Copy every record exactly, with nothing left out.

RECORDS FOR PROCESSING
┏━━
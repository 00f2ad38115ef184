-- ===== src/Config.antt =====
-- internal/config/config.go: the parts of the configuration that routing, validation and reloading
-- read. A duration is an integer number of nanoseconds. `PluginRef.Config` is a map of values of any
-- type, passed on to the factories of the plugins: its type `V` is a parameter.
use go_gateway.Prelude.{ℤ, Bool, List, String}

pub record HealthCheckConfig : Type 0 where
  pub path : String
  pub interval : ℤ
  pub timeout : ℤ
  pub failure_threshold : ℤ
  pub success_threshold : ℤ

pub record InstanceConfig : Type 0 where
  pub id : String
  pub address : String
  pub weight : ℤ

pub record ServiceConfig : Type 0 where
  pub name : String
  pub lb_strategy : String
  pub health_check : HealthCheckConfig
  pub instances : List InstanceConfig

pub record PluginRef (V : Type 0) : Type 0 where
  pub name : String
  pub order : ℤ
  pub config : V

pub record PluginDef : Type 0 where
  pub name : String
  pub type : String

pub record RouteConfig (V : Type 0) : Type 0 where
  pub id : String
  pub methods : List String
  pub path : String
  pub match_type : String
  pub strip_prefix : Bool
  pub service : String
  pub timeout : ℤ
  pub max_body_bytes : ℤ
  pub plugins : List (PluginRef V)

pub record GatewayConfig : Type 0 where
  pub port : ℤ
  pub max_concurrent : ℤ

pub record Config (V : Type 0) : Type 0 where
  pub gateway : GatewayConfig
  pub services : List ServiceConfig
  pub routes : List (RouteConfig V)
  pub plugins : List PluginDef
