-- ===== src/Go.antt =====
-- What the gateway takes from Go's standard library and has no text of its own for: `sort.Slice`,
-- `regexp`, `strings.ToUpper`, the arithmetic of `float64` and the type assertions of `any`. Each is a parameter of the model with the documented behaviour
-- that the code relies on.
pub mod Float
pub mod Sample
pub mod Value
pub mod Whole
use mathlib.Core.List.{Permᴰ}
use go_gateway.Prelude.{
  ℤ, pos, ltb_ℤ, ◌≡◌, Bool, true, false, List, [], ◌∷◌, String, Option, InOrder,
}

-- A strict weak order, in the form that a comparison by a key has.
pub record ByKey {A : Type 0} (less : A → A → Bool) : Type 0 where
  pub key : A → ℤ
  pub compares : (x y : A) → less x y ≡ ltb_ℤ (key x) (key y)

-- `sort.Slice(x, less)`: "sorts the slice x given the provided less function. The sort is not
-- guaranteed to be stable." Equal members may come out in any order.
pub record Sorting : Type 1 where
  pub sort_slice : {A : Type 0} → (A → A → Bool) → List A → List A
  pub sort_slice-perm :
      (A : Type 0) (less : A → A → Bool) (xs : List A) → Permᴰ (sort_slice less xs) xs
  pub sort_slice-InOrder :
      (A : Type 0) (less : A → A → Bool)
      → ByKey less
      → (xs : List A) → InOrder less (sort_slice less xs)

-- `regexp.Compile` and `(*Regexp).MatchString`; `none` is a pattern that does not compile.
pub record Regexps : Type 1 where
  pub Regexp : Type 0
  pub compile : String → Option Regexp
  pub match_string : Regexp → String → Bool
┗━━
SOLUTION
repository 00f2ad38115ef184
-- ===== src/Config.antt =====
-- internal/config/config.go: the parts of the configuration that routing, validation and reloading
-- read. A duration is an integer number of nanoseconds. `PluginRef.Config` is a map of values of any
-- type, passed on to the factories of the plugins: its type `V` is a parameter.
use go_gateway.Prelude.{ℤ, Bool, List, String}

pub record HealthCheckConfig : Type 0 where
  pub path : String
  pub interval : ℤ
  pub timeout : ℤ
  pub failure_threshold : ℤ
  pub success_threshold : ℤ

pub record InstanceConfig : Type 0 where
  pub id : String
  pub address : String
  pub weight : ℤ

pub record ServiceConfig : Type 0 where
  pub name : String
  pub lb_strategy : String
  pub health_check : HealthCheckConfig
  pub instances : List InstanceConfig

pub record PluginRef (V : Type 0) : Type 0 where
  pub name : String
  pub order : ℤ
  pub config : V

pub record PluginDef : Type 0 where
  pub name : String
  pub type : String

pub record RouteConfig (V : Type 0) : Type 0 where
  pub id : String
  pub methods : List String
  pub path : String
  pub match_type : String
  pub strip_prefix : Bool
  pub service : String
  pub timeout : ℤ
  pub max_body_bytes : ℤ
  pub plugins : List (PluginRef V)

pub record GatewayConfig : Type 0 where
  pub port : ℤ
  pub max_concurrent : ℤ

pub record Config (V : Type 0) : Type 0 where
  pub gateway : GatewayConfig
  pub services : List ServiceConfig
  pub routes : List (RouteConfig V)
  pub plugins : List PluginDef
-- ===== src/Go.antt =====
-- What the gateway takes from Go's standard library and has no text of its own for: `sort.Slice`,
-- `regexp`, `strings.ToUpper`, the arithmetic of `float64` and the type assertions of `any`. Each is a parameter of the model with the documented behaviour
-- that the code relies on.
pub mod Float
pub mod Sample
pub mod Value
pub mod Whole
use mathlib.Core.List.{Permᴰ}
use go_gateway.Prelude.{
  ℤ, pos, ltb_ℤ, ◌≡◌, Bool, true, false, List, [], ◌∷◌, String, Option, InOrder,
}

-- A strict weak order, in the form that a comparison by a key has.
pub record ByKey {A : Type 0} (less : A → A → Bool) : Type 0 where
  pub key : A → ℤ
  pub compares : (x y : A) → less x y ≡ ltb_ℤ (key x) (key y)

-- `sort.Slice(x, less)`: "sorts the slice x given the provided less function. The sort is not
-- guaranteed to be stable." Equal members may come out in any order.
pub record Sorting : Type 1 where
  pub sort_slice : {A : Type 0} → (A → A → Bool) → List A → List A
  pub sort_slice-perm :
      (A : Type 0) (less : A → A → Bool) (xs : List A) → Permᴰ (sort_slice less xs) xs
  pub sort_slice-InOrder :
      (A : Type 0) (less : A → A → Bool)
      → ByKey less
      → (xs : List A) → InOrder less (sort_slice less xs)

-- `regexp.Compile` and `(*Regexp).MatchString`; `none` is a pattern that does not compile.
pub record Regexps : Type 1 where
  pub Regexp : Type 0
  pub compile : String → Option Regexp
  pub match_string : Regexp → String → Bool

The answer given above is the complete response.